Dengan wajah terpelajar yang selalu tampak gagal untuk tersenyum, Sarundajang jelas bukan tipe politisi generasi populis seperti Jokowi, Ahok, Ridwan Kamil, atau Sehan Landjar. Sulit bagi kita untuk membayangkan Sarundajang melucu, menjerit marah, atau sekedar meluap-luap dalam emosi. Tetapi ada yang mungkin menyanggah bahwa persoalan politik bukan persoalan citra. Apalagi dalam sepuluh tahun masa kepemimpinan politik Susilo Bambang Yudhoyono, kita mempelajari pencitraan politik dengan cara yang keliru. Akibatnya cukup fatal, pencitraan dalam politik dianggap sebagai tindakan yang sudah negatif dari sononya.

Padahal, pencitraan atau bukan, memilih bagaimana kita harus tampil sebagai seorang politisi adalah tindakan yang sama pentingnya dengan memilih menjadi politisi itu sendiri. Seorang politisi tidak hanya dituntut, misalnya, untuk tahu apa yang harus dia ucapkan tapi bagaimana mengucapkannya. Salah satu debat presiden paling akbar dalam sejarah Amerika Serikat adalah debat JFK/Nixon. Kita tahu bersama bahwa Nixon kalah dalam debat itu bukan karena isi argumentasinya tapi karena JFK lebih tahu bagaimana cara menaiki podium, membedakan dirinya dari lawan, dan memainkan perannya di situ.
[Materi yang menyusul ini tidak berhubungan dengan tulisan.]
-- ===== src/Journal/Tests.antt =====
-- The journal over a flash in RAM: the content of each page, by its offset.
use ephemerkey.Common.{
  ℕ, zero, suc, ◌-◌, ◌≡◌, ◌≢◌, ◌≤◌, refl, ap, ◌∙◌, true, false, none, some, List, [], ◌∷◌, ◌++◌,
  length, take, drop, replicate, update, arith, ◌⊎◌,
}
use ephemerkey.Wire.{crc32}
use ephemerkey.Journal.{
  page, erased, FlashOps, Journal, Mirror, StoreError, StoredIdentity, ok, err, default_layout,
  blank, mount, mount_with, parse_identity, parse_header, load_config, load_slot, rewrite_page,
  persist, commit_config, identity_bytes,
}
use ephemerkey.Journal.Records.{Fits}
use ephemerkey.Journal.Recovery.{FlashLaws, LayoutOk}
use ephemerkey.Journal.Commit.{Remounts, Recovers, torn_commit, commit_config_ok, commit_config_err}
use ephemerkey.Provision.{StoreOps}
use ephemerkey.Provision.Ownership.{BoundTo}
use ephemerkey.Provision.Flash.{flash_store, flash_store-commit}

abbrev Ram : Type 0
Ram = ℕ → List ℕ

erased_page : List ℕ
erased_page = replicate page erased

abbrev ram : FlashOps Ram
ram = record {
  read = λ f off n. some (take n (f off));
  erase_page = λ f off. (update f off erased_page, true);
  write = λ f off bytes. (update f off (bytes ++ drop (length bytes) (f off)), true);
}

filled :
    (n x : ℕ) (bytes : List ℕ)
    → length bytes ≤ n
    → take n (bytes ++ drop (length bytes) (replicate n x))
      ≡ bytes ++ replicate (n - length bytes) x
filled zero x [] h = refl
filled (suc n) x [] h =
    let k : suc n - 0 ≡ suc (n - 0) = omega arith in
    rw k (ap (λ l. x ∷ l) (filled n x [] (omega arith)))
filled zero x (b ∷ bytes) h = absurd (omega arith)
filled (suc n) x (b ∷ bytes) h =
    let k : suc n - suc (length bytes) ≡ n - length bytes = omega arith in
    rw k (ap (λ l. b ∷ l) (filled n x bytes (omega arith)))

update_ne : (f : Ram) (i : ℕ) (v : List ℕ) (j : ℕ) → j ≢ i → update f i v j ≡ f j
update_ne f i v j ne = ground arith

update_here : (f : Ram) (i : ℕ) (v : List ℕ) → update f i v i ≡ v
update_here f i v = ground arith

ram_laws : FlashLaws ram
unfolding erased_page
ram_laws = record {
  erase_keeps = λ f off p n io ip ne. ap (λ l. some (take n l)) (update_ne f off _ p ne);
  write_keeps = λ f off p n bytes io ip len ne. ap (λ l. some (take n l)) (update_ne f off _ p ne);
  written = λ f off bytes io len words e w. ap some (
      ap (λ l. take page l) (update_here (update f off erased_page) off _)
      ∙ ap (λ l. take page (bytes ++ drop (length bytes) l)) (update_here f off erased_page)
      ∙ filled page erased bytes len);
}

layout-LayoutOk : LayoutOk default_layout
layout-LayoutOk = record {
  identity_page = refl;
  a_page = refl;
  b_page = refl;
  slots_ne = λ e. omega arith;
  identity_ne_a = λ e. omega arith;
  identity_ne_b = λ e. omega arith;
}

-- A factory-fresh device.
abbrev fresh : Journal Ram
fresh = record { flash = λ _. erased_page; layout = default_layout; live = blank; identity = none }

fresh-Remounts : Remounts ram ram_laws fresh
unfolding mount mount_with parse_identity load_config load_slot parse_header erased_page
fresh-Remounts = refl

abbrev owner_key : List ℕ
owner_key = replicate 32 7

abbrev settings : List ℕ
settings = 0xa1 ∷ 0x01 ∷ 0x02 ∷ []

settings-Fits : Fits (record blank { owner = some owner_key; seq = 5; config = settings })
settings-Fits = record {
  owner_fits = refl;
  seq_u64 = omega arith;
  config_fits = omega arith;
  ssid_fits = omega arith;
  psk_fits = omega arith;
  owner_bytes_ok = omega arith;
  config_bytes_ok = omega arith;
  ssid_bytes_ok = tt;
  psk_bytes_ok = tt;
}

abbrev bound : Journal Ram
bound = (commit_config ram fresh owner_key 5 settings).0

bound_ok : commit_config ram fresh owner_key 5 settings ≡ (bound, ok)
unfolding commit_config persist rewrite_page
bound_ok = refl

commit_config_ok_example :
    Remounts ram ram_laws bound
    × (bound.live ≡ record {
      generation = 1;
      cur_slot = some default_layout.slot_a;
      owner = some owner_key;
      seq = 5;
      config = settings;
      ssid = [];
      psk = [];
    })
commit_config_ok_example =
    commit_config_ok ram ram_laws fresh owner_key 5 settings layout-LayoutOk fresh-Remounts
      settings-Fits (omega arith) bound_ok

-- Power is lost in the middle of a write: its page starts like the record, and breaks off.
abbrev cut_off : FlashOps Ram
cut_off = record ram { write = λ f off bytes. (update f off (take 6 bytes), false) }

cut_off_laws : FlashLaws cut_off
cut_off_laws = record {
  erase_keeps = λ f off p n io ip ne. ram_laws.erase_keeps f off p n io ip ne;
  write_keeps = λ f off p n bytes io ip len ne. ap (λ l. some (take n l)) (update_ne f off _ p ne);
  written = λ f off bytes io len words e w. absurd (let z : false ≡ true = w in cc);
}

bound-Remounts : Remounts cut_off cut_off_laws bound
unfolding mount mount_with load_config
bound-Remounts = commit_config_ok_example.0

renewed-Fits : Fits (record bound.live { owner = some owner_key; seq = 6; config = settings })
unfolding commit_config persist rewrite_page
renewed-Fits = record {
  owner_fits = refl;
  seq_u64 = omega arith;
  config_fits = omega arith;
  ssid_fits = omega arith;
  psk_fits = omega arith;
  owner_bytes_ok = omega arith;
  config_bytes_ok = omega arith;
  ssid_bytes_ok = tt;
  psk_bytes_ok = tt;
}

torn_commit_example :
    Recovers cut_off cut_off_laws bound (commit_config cut_off bound owner_key 6 settings).0.flash
unfolding commit_config persist rewrite_page
torn_commit_example =
    torn_commit cut_off cut_off_laws bound owner_key 6 settings layout-LayoutOk bound-Remounts
      renewed-Fits
      (let one = ap (λ (m : Mirror). m.generation) commit_config_ok_example.1 in omega arith)

-- A flash that erases and does not write.
abbrev worn : FlashOps Ram
worn = record ram { write = λ f off bytes. (f, false) }

worn_laws : FlashLaws worn
worn_laws = record {
  erase_keeps = λ f off p n io ip ne. ram_laws.erase_keeps f off p n io ip ne;
  write_keeps = λ f off p n bytes io ip len ne. refl;
  written = λ f off bytes io len words e w. absurd (let z : false ≡ true = w in cc);
}

failing : Journal Ram
failing = (commit_config worn fresh owner_key 5 settings).0

failing_err : commit_config worn fresh owner_key 5 settings ≡ (failing, err StoreError.flash)
unfolding commit_config persist rewrite_page failing
failing_err = refl

fresh-Remounts-worn : Remounts worn worn_laws fresh
unfolding mount mount_with load_config
fresh-Remounts-worn = fresh-Remounts

commit_config_err_example :
    (failing.live ≡ record blank { owner = some owner_key; seq = 5; config = settings })
    × (failing.layout ≡ default_layout)
    × Recovers worn worn_laws fresh failing.flash
commit_config_err_example =
    commit_config_err worn worn_laws fresh owner_key 5 settings layout-LayoutOk fresh-Remounts-worn
      settings-Fits (omega arith) failing_err

abbrev minted : StoredIdentity
minted = record { device_id = replicate 12 1; sign_seed = replicate 32 2; kx_priv = replicate 32 3 }

identity_kept : parse_identity (take 96 (identity_bytes minted)) ≡ some minted
unfolding parse_identity identity_bytes crc32
identity_kept = refl

abbrev ram_store : StoreOps (Journal Ram)
ram_store = flash_store ram (λ s. true) (λ j. none)

flash_store-commit_example :
    let (j', done) = ram_store.commit fresh owner_key 5 settings in
    BoundTo ram_store owner_key 5 j'
    × (j'.live.config ≡ settings)
    × (((done ≡ true) × Remounts ram ram_laws j')
        ⊎ ((done ≡ false) × Recovers ram ram_laws fresh j'.flash))
flash_store-commit_example =
    flash_store-commit ram (λ s. true) (λ j. none) ram_laws fresh owner_key settings 5
      layout-LayoutOk fresh-Remounts settings-Fits (omega arith)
Masih dari Amerika Serikat, apa yang membuat John McCain kalah dari Barrack Obama dalam pemilihan presiden tahun 2008 bukan karena McCain tidak punya gagasan atau kurang ahli dalam berpolitik tapi karena Obama membawa citra the rise of America yang pernah diteriakkan oleh politisi cemerlang yang jatuh karena skandal, John Edwards. Setelah sepuluh tahun diharu-biru oleh konservatisme hawkish George W. Bush dengan kebijakan yang berhasil membawa Amerika Serikat menjadi musuh separuh jagad, Obama mampu menangkap bahwa apa yang dibutuhkan oleh rakyat Amerika saat itu adalah perubahan. Dia tidak hanya menjadikan itu sebagai isu kampanye tapi juga menghadirkan dirinya sebagai politisi yang dengannya perubahan itu bisa terwujud. Singkatnya, Obama mampu memenuhi tuntutan pasar politik Amerika saat itu.

Apa yang dipertunjukkan Obama jelas adalah taktik pencitraan yang efektif, dan kita tidak bisa menganggap hal itu sebagai tindakan maksiat. Pencitraan adalah bagian yang sah dan diperlukan dari sebuah proses politik. Apa yang salah dari pencitraan adalah ketika dia diajukan untuk memanipulasi persepsi publik atas suatu tindakan atau peristiwa politik. Kita menamakannya politik pencitraan. Tidak pantas, tentu saja, jika kita melakukan pencitraan dalam isu-isu penting seperti, misalnya, undang-undang pemilihan kepala daerah. Tapi memiliki penampilan politik untuk mengarahkan perhatian publik dan memperoleh dukungan mereka adalah bagian yang absah dari sebuah proses politik, jika bukannya suatu keharusan yang dituntut secara taktis. Kita menamakannya pencitraan politik.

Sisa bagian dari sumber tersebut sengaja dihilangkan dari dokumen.